**Try it**
Starting with the first line below, reproduce each line exactly until you have included the one bearing "-- swapping the two texts of a comparison".

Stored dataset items
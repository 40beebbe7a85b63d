-- ===== src/Text/Compare.antt =====
-- o9_str_cmp is the lexicographic order of the bytes.
use objective_9c.Prelude.{
  ℕ, zero, suc, ◌≡◌, refl, sym, ap, ◌∙◌, ◌↔◌, [], ◌∷◌, false, ltb, if◌then◌else◌, arith, Bytes,
  length, take, Bool-cases, inl, inr, subst,
}
use objective_9c.Prelude.Int.{ℤ, pos, negsuc}
use objective_9c.Text.{memcmp, cmp_rest, str_cmp}

-- the order of the dictionary: the first byte that differs decides, and a prefix comes first
abbrev pub lex : Bytes → Bytes → ℤ
lex [] [] = pos 0
lex [] (b ∷ t) = negsuc 0
lex (a ∷ s) [] = pos 1
lex (a ∷ s) (b ∷ t) =
    let rest = lex s t in if ltb a b then negsuc 0 else if ltb b a then pos 1 else rest

abbrev shorter : Bytes → Bytes → ℕ
shorter a b = if ltb (length a) (length b) then length a else length b

shorter-suc : (a b : ℕ) (s t : Bytes) → shorter (a ∷ s) (b ∷ t) ≡ suc (shorter s t)
shorter-suc a b s t = ground arith

cmp_both : Bytes → Bytes → ℤ
cmp_both a b = cmp_rest (memcmp (take (shorter a b) a) (take (shorter a b) b)) (length a) (length b)

cmp_rest-suc : (r : ℤ) (a b : ℕ) → cmp_rest r (suc a) (suc b) ≡ cmp_rest r a b
unfolding cmp_rest
cmp_rest-suc (negsuc c) a b = refl
cmp_rest-suc (pos zero) a b = ground arith
cmp_rest-suc (pos (suc c)) a b = refl

cmp_both_lem : (a b : Bytes) → cmp_both a b ≡ lex a b
unfolding cmp_both memcmp cmp_rest
cmp_both_lem [] [] = refl
cmp_both_lem [] (b ∷ t) = ground arith
cmp_both_lem (a ∷ s) [] = ground arith
cmp_both_lem (a ∷ s) (b ∷ t) =
    let ih = cmp_both_lem s t in
    let r = memcmp (take (shorter s t) s) (take (shorter s t) t) in
    let e = cmp_rest-suc r (length s) (length t) in rw (shorter-suc a b s t) (ground arith)

empty_shorter :
    (a b : Bytes)
    → ltb 0 (shorter a b) ≡ false
    → memcmp (take (shorter a b) a) (take (shorter a b) b) ≡ pos 0
unfolding memcmp
empty_shorter a b h = let z : shorter a b ≡ 0 = ground arith in rw z refl

-- `o9_str_cmp` is the order of the dictionary.
pub str_cmp_lem : (a b : Bytes) → str_cmp a b ≡ lex a b
unfolding str_cmp cmp_both
str_cmp_lem a b = elim (Bool-cases (ltb 0 (shorter a b))) [
  | inl some_bytes ↦ rw some_bytes (cmp_both_lem a b)
  | inr no_bytes ↦ rw no_bytes (
      sym (ap (λ r. cmp_rest r (length a) (length b)) (empty_shorter a b no_bytes))
      ∙ cmp_both_lem a b)
]

-- swapping the two texts of a comparison
abbrev pub opposite : ℤ → ℤ
opposite (negsuc n) = pos (suc n)
opposite (pos zero) = pos 0
opposite (pos (suc n)) = negsuc n

lex-swap : (a b : Bytes) → lex b a ≡ opposite (lex a b)
lex-swap [] [] = refl
lex-swap [] (b ∷ t) = refl
lex-swap (a ∷ s) [] = refl
lex-swap (a ∷ s) (b ∷ t) = ground (arith, lex-swap s t)

lex-zero : (a b : Bytes) → lex a b ≡ pos 0 → a ≡ b
lex-zero [] [] h = refl
lex-zero [] (b ∷ t) h = cc
lex-zero (a ∷ s) [] h = cc
lex-zero (a ∷ s) (b ∷ t) h = ground (arith, lex-zero s t)

lex_self : (a : Bytes) → lex a a ≡ pos 0
lex_self [] = refl
lex_self (c ∷ s) = ground (arith, lex_self s)

-- `o9_str_cmp` gives 0 for two equal texts and no others, and the opposite answer for swapped texts.
pub str_cmp_laws :
    (a b : Bytes) → ((str_cmp a b ≡ pos 0) ↔ (a ≡ b)) × (str_cmp b a ≡ opposite (str_cmp a b))
str_cmp_laws a b = (
  (
    λ h. lex-zero a b (sym (str_cmp_lem a b) ∙ h),
    λ e. str_cmp_lem a b ∙ subst (λ c. lex a c ≡ pos 0) e (lex_self a),
  ),
  str_cmp_lem b a ∙ lex-swap a b ∙ ap opposite (sym (str_cmp_lem a b)),
)
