-- ===== src/Text/Search.antt =====
-- o9_string_indexof, o9_string_startswith and o9_string_endswith.
use objective_9c.Prelude.{
  ℕ, zero, suc, ◌+◌, ◌-◌, ◌≤◌, ◌<◌, ◌≡◌, refl, sym, ap, ◌∙◌, ◌↔◌, ◌⊎◌, inl, inr, [], ◌∷◌, ◌++◌,
  Bool, true, false, ◌&&◌, ltb, leb, ◌==◌, arith, Bytes, bytes_eq, bytes_eq_sound, bytes_eq_self,
  bytes_eq_iff, length, length-take, length-drop, length-append, take, drop, take-append-drop,
  Bool-cases, ℕ_discrete, tests, take_all,
}
use objective_9c.Prelude.Int.{ℤ, pos, negsuc}
use objective_9c.Text.{block, index_from, index_of, starts_with, ends_with}

-- `needle` stands in `s` at index `i`
abbrev pub Occurs : Bytes → Bytes → ℕ → Type 0
Occurs s needle i = block s i (length needle) ≡ needle

-- `r` is the first place from which `needle` is found below `limit`, or -1
abbrev FirstBelow : Bytes → Bytes → ℕ → ℤ → Type 0
FirstBelow s needle limit r =
    ((r ≡ negsuc 0) × ((j : ℕ) → j < limit → ¬ Occurs s needle j))
    ⊎ ((i : ℕ) × (r ≡ pos i) × Occurs s needle i × ((j : ℕ) → j < i → ¬ Occurs s needle j))

abbrev pub First : Bytes → Bytes → ℤ → Type 0
First s needle r =
    ((r ≡ negsuc 0) × ((j : ℕ) → ¬ Occurs s needle j))
    ⊎ ((i : ℕ) × (r ≡ pos i) × Occurs s needle i × ((j : ℕ) → j < i → ¬ Occurs s needle j))

below_suc : (P : ℕ → Type 0) (i : ℕ) → ((j : ℕ) → j < i → P j) → P i → (j : ℕ) → j < i + 1 → P j
below_suc P i f p j h = elim (ℕ_discrete j i) [ yes e ↦ rw e p | no ne ↦ f j (omega arith) ]

absent_of :
    (s needle : Bytes) (i : ℕ)
    → bytes_eq (block s i (length needle)) needle ≡ false
    → ¬ Occurs s needle i
absent_of s needle i h e =
    let (f, g) = bytes_eq_iff (block s i (length needle)) needle in let same = g e in cc

index_from_lem :
    (rounds : ℕ) (s needle : Bytes) (i : ℕ)
    → ((j : ℕ) → j < i → ¬ Occurs s needle j)
    → FirstBelow s needle (i + rounds) (index_from rounds s needle i)
unfolding index_from
index_from_lem zero s needle i before = inl (refl, λ j h. before j (omega arith))
index_from_lem (suc rounds) s needle i before =
    elim (Bool-cases (bytes_eq (block s i (length needle)) needle)) [
      | inl here ↦
          rw here (inr (i, refl, bytes_eq_sound (block s i (length needle)) needle here, before))
      | inr other ↦
          let absent : ¬ Occurs s needle i = absent_of s needle i other in
          let later : FirstBelow s needle (i + 1 + rounds) (index_from rounds s needle (i + 1)) =
            index_from_lem rounds s needle (i + 1)
              (below_suc (λ j. ¬ Occurs s needle j) i before absent) in
          let e : i + suc rounds ≡ i + 1 + rounds = omega arith in rw (other, e) later
    ]

-- behind the last place that has room
no_room :
    (s needle : Bytes) (j : ℕ)
    → length s < j + length needle
    → 1 ≤ length needle
    → ¬ Occurs s needle j
no_room s needle j h ne e =
    let l = ap length e in
    let n = length-take (length needle) (drop j s) in
    let d = length-drop j s in omega (arith, l, n, d)

-- `o9_string_indexof` gives the first index at which the needle stands, or -1 if there is none.
pub index_of_lem : (s needle : Bytes) → First s needle (index_of s needle)
unfolding index_of
index_of_lem s [] = inr (0, refl, refl, λ j h. elim h [ ])
index_of_lem s (c ∷ needle) =
    let nz : (suc (length needle) == 0) ≡ false = ground arith in
    elim (Bool-cases (ltb (length s) (suc (length needle)))) [
      | inl short ↦
          rw (nz, short) (inl (refl, λ j. no_room s (c ∷ needle) j (omega tests) (omega arith)))
      | inr long ↦
          let rounds = length s - suc (length needle) + 1 in
          rw (nz, long)
            (elim (index_from_lem rounds s (c ∷ needle) 0 (λ j h. elim h [ ])) [
              | inl (e, absent) ↦ inl (
                e,
                λ j. elim (Bool-cases (ltb j rounds)) [
                  | inl below ↦ absent j (omega tests)
                  | inr above ↦ no_room s (c ∷ needle) j (ground arith) (omega arith)
                ],
              )
              | inr found ↦ inr found
            ])
    ]

take-append : (xs ys : Bytes) → take (length xs) (xs ++ ys) ≡ xs
take-append [] ys = refl
take-append (x ∷ xs) ys = ap (λ r. x ∷ r) (take-append xs ys)

drop-append : (xs ys : Bytes) (n : ℕ) → n ≡ length xs → drop n (xs ++ ys) ≡ ys
drop-append xs ys n e = rw e (go xs)
  where
    go : (zs : Bytes) → drop (length zs) (zs ++ ys) ≡ ys
    go [] = refl
    go (z ∷ zs) = go zs

both : (a b : Bool) → (a && b) ≡ true → (a ≡ true) × (b ≡ true)
both true b h = (refl, h)
both false b h = cc

starts_with-append : (s prefix rest : Bytes) → s ≡ prefix ++ rest → starts_with s prefix ≡ true
unfolding starts_with
starts_with-append s prefix rest e =
    let fits : leb (length prefix) (length (prefix ++ rest)) ≡ true =
      ground (arith, length-append prefix rest) in
    rw (e, take-append prefix rest, bytes_eq_self prefix, fits) refl

-- `o9_string_startswith` says whether the text is the prefix followed by something.
pub starts_with_lem :
    (s prefix : Bytes) → (starts_with s prefix ≡ true) ↔ ((rest : Bytes) × (s ≡ prefix ++ rest))
unfolding starts_with
starts_with_lem s prefix = (
  (λ h.
      let (_, same) =
        both (leb (length prefix) (length s)) (bytes_eq (take (length prefix) s) prefix) h in
      let e = bytes_eq_sound (take (length prefix) s) prefix same in
      (
        drop (length prefix) s,
        sym (take-append-drop (length prefix) s) ∙ ap (λ z. z ++ drop (length prefix) s) e,
      )),
  (λ x. starts_with-append s prefix x.0 x.1),
)

ends_with-append : (s suffix front : Bytes) → s ≡ front ++ suffix → ends_with s suffix ≡ true
unfolding ends_with
ends_with-append s suffix front e =
    let l = length-append front suffix in
    let fits : leb (length suffix) (length (front ++ suffix)) ≡ true = ground (arith, l) in
    let rest =
      drop-append front suffix (length (front ++ suffix) - length suffix) (omega (arith, l)) in
    rw (e, rest, take_all (length suffix) suffix (omega arith), bytes_eq_self suffix, fits) refl

-- `o9_string_endswith` says whether the text is something followed by the suffix.
pub ends_with_lem :
    (s suffix : Bytes) → (ends_with s suffix ≡ true) ↔ ((front : Bytes) × (s ≡ front ++ suffix))
unfolding ends_with
ends_with_lem s suffix = (
  (λ h.
      let (fits, same) =
        both (leb (length suffix) (length s))
          (bytes_eq (take (length suffix) (drop (length s - length suffix) s)) suffix) h in
      let e =
        bytes_eq_sound (take (length suffix) (drop (length s - length suffix) s)) suffix same in
      let all =
        take_all (length suffix) (drop (length s - length suffix) s)
          (let d = length-drop (length s - length suffix) s in ground (arith, d, fits)) in
      (
        take (length s - length suffix) s,
        sym (take-append-drop (length s - length suffix) s)
            ∙ ap (λ z. take (length s - length suffix) s ++ z) (sym all ∙ e),
      )),
  (λ x. ends_with-append s suffix x.0 x.1),
)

**Answer below**
repository 40beebbe7a85b63d
-- ===== src/Text/Compare.antt =====
-- o9_str_cmp is the lexicographic order of the bytes.
use objective_9c.Prelude.{
  ℕ, zero, suc, ◌≡◌, refl, sym, ap, ◌∙◌, ◌↔◌, [], ◌∷◌, false, ltb, if◌then◌else◌, arith, Bytes,
  length, take, Bool-cases, inl, inr, subst,
}
use objective_9c.Prelude.Int.{ℤ, pos, negsuc}
use objective_9c.Text.{memcmp, cmp_rest, str_cmp}

-- the order of the dictionary: the first byte that differs decides, and a prefix comes first
abbrev pub lex : Bytes → Bytes → ℤ
lex [] [] = pos 0
lex [] (b ∷ t) = negsuc 0
lex (a ∷ s) [] = pos 1
lex (a ∷ s) (b ∷ t) =
    let rest = lex s t in if ltb a b then negsuc 0 else if ltb b a then pos 1 else rest

abbrev shorter : Bytes → Bytes → ℕ
shorter a b = if ltb (length a) (length b) then length a else length b

shorter-suc : (a b : ℕ) (s t : Bytes) → shorter (a ∷ s) (b ∷ t) ≡ suc (shorter s t)
shorter-suc a b s t = ground arith

cmp_both : Bytes → Bytes → ℤ
cmp_both a b = cmp_rest (memcmp (take (shorter a b) a) (take (shorter a b) b)) (length a) (length b)

cmp_rest-suc : (r : ℤ) (a b : ℕ) → cmp_rest r (suc a) (suc b) ≡ cmp_rest r a b
unfolding cmp_rest
cmp_rest-suc (negsuc c) a b = refl
cmp_rest-suc (pos zero) a b = ground arith
cmp_rest-suc (pos (suc c)) a b = refl

cmp_both_lem : (a b : Bytes) → cmp_both a b ≡ lex a b
unfolding cmp_both memcmp cmp_rest
cmp_both_lem [] [] = refl
cmp_both_lem [] (b ∷ t) = ground arith
cmp_both_lem (a ∷ s) [] = ground arith
cmp_both_lem (a ∷ s) (b ∷ t) =
    let ih = cmp_both_lem s t in
    let r = memcmp (take (shorter s t) s) (take (shorter s t) t) in
    let e = cmp_rest-suc r (length s) (length t) in rw (shorter-suc a b s t) (ground arith)

empty_shorter :
    (a b : Bytes)
    → ltb 0 (shorter a b) ≡ false
    → memcmp (take (shorter a b) a) (take (shorter a b) b) ≡ pos 0
unfolding memcmp
empty_shorter a b h = let z : shorter a b ≡ 0 = ground arith in rw z refl

-- `o9_str_cmp` is the order of the dictionary.
pub str_cmp_lem : (a b : Bytes) → str_cmp a b ≡ lex a b
unfolding str_cmp cmp_both
str_cmp_lem a b = elim (Bool-cases (ltb 0 (shorter a b))) [
  | inl some_bytes ↦ rw some_bytes (cmp_both_lem a b)
  | inr no_bytes ↦ rw no_bytes (
      sym (ap (λ r. cmp_rest r (length a) (length b)) (empty_shorter a b no_bytes))
      ∙ cmp_both_lem a b)
]

-- swapping the two texts of a comparison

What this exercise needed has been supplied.